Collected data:
********************

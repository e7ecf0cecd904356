-- ===== src/Channel/Send.antt =====
-- Channel.is_ready_to_send, Channel.send and Channel.mdu.
use reticulum.Prelude.{
  ℕ, ◌+◌, ◌-◌, ◌%◌, Bytes, length, none, some, List, [], ◌∷◌, Bool, true, false, not, ltb, leb,
  ◌==◌, if◌then◌else◌,
}
use reticulum.Prelude.Results.{Result, ok, err}
use reticulum.Channel.{Message, Envelope, Channel, seq_modulus}
use reticulum.Channel.Codec.{ChannelError, link_not_ready, too_big, pack_message}
use reticulum.Channel.Ring.{emplace_envelope}
use reticulum.Channel.Window.{Effect, transmit, watch, update_timeouts}

-- What the channel reads of its outlet: whether it is usable, its MDU, and which packets it has as
-- delivered. Every envelope of a ring belongs to the channel's one outlet.
pub record Outlet : Type 0 where
  pub is_usable : Bool
  pub mdu : ℕ
  pub is_delivered : ℕ → Bool

abbrev pub is_outstanding : Outlet → Envelope → Bool
is_outstanding o e = elim e.packet [ none ↦ true | some p ↦ not (o.is_delivered p) ]

unfoldable pub outstanding : Outlet → List Envelope → ℕ
outstanding o [] = 0
outstanding o (e ∷ ring) =
    let rest = outstanding o ring in if is_outstanding o e then rest + 1 else rest

unfoldable pub is_ready_to_send : Outlet → Channel → Bool
unfolding outstanding
is_ready_to_send o c =
    if not o.is_usable
    then false
    else if leb c.window (outstanding o c.tx_ring)
    then false
    else true

abbrev pub new_envelope : ℕ → Message → Envelope
new_envelope sequence m = record {
  sequence = sequence;
  message = some m;
  raw = none;
  packet = none;
  tries = 0;
  unpacked = false;
  packed = false;
  tracked = false;
}

-- A change of the envelope object with this sequence number, which stands in the ring.
unfoldable pub tx_modify : ℕ → (Envelope → Envelope) → List Envelope → List Envelope
tx_modify sequence change [] = []
tx_modify sequence change (e ∷ ring) =
    let rest = tx_modify sequence change ring in
    if e.sequence == sequence then change e ∷ ring else e ∷ rest

-- `envelope.pack()`, and then what follows on `outlet.send`.
abbrev pub as_packed : Bytes → Envelope → Envelope
as_packed raw e = record e { raw = some raw; packed = true }

abbrev pub as_sent : ℕ → Envelope → Envelope
as_sent packet e = record e { packet = some packet; tries = e.tries + 1 }

-- The channel with the new envelope in its ring, before it is packed.
unfoldable pub enqueue : Message → Channel → Channel
enqueue m c = record c {
  next_sequence = (c.next_sequence + 1) % seq_modulus;
  tx_ring = (emplace_envelope c.next_rx_sequence (new_envelope c.next_sequence m) c.tx_ring).1;
}

-- `packet` is the id of the packet that the outlet makes. An exception leaves behind what was
-- written before it: once the channel is ready, the envelope stays in the ring.
unfoldable pub send : Outlet → ℕ → Message → Channel → Result ChannelError (List Effect) × Channel
unfolding enqueue
send o packet m c =
    if is_ready_to_send o c
    then (let c' = enqueue m c in
        elim (pack_message c.next_sequence m) [
          | err x ↦ (err x, c')
          | ok raw ↦
              (let ring = tx_modify c.next_sequence (as_packed raw) c'.tx_ring in
                if ltb o.mdu (length raw) then (err too_big, record c' { tx_ring = ring }) else (
                  ok (transmit raw ∷ watch packet 1 ∷ update_timeouts ∷ []),
                  record c' { tx_ring = tx_modify c.next_sequence (as_sent packet) ring },
                ))
        ])
    else (err link_not_ready, c)

-- `outlet.mdu - 6` is negative for an outlet below 6 bytes; `-` gives 0 there.
unfoldable pub mdu : Outlet → ℕ
mdu o = let m = o.mdu - 6 in if ltb 0xFFFF m then 0xFFFF else m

********************

Return, word for word, the lines of the data above from the line with "abbrev pub as_sent : ℕ → Envelope → Envelope" through the line with "enqueue m c = record", inclusive.

ANSWER TO THIS TASK ▸
abbrev pub as_sent : ℕ → Envelope → Envelope
as_sent packet e = record e { packet = some packet; tries = e.tries + 1 }

-- The channel with the new envelope in its ring, before it is packed.
unfoldable pub enqueue : Message → Channel → Channel
enqueue m c = record c {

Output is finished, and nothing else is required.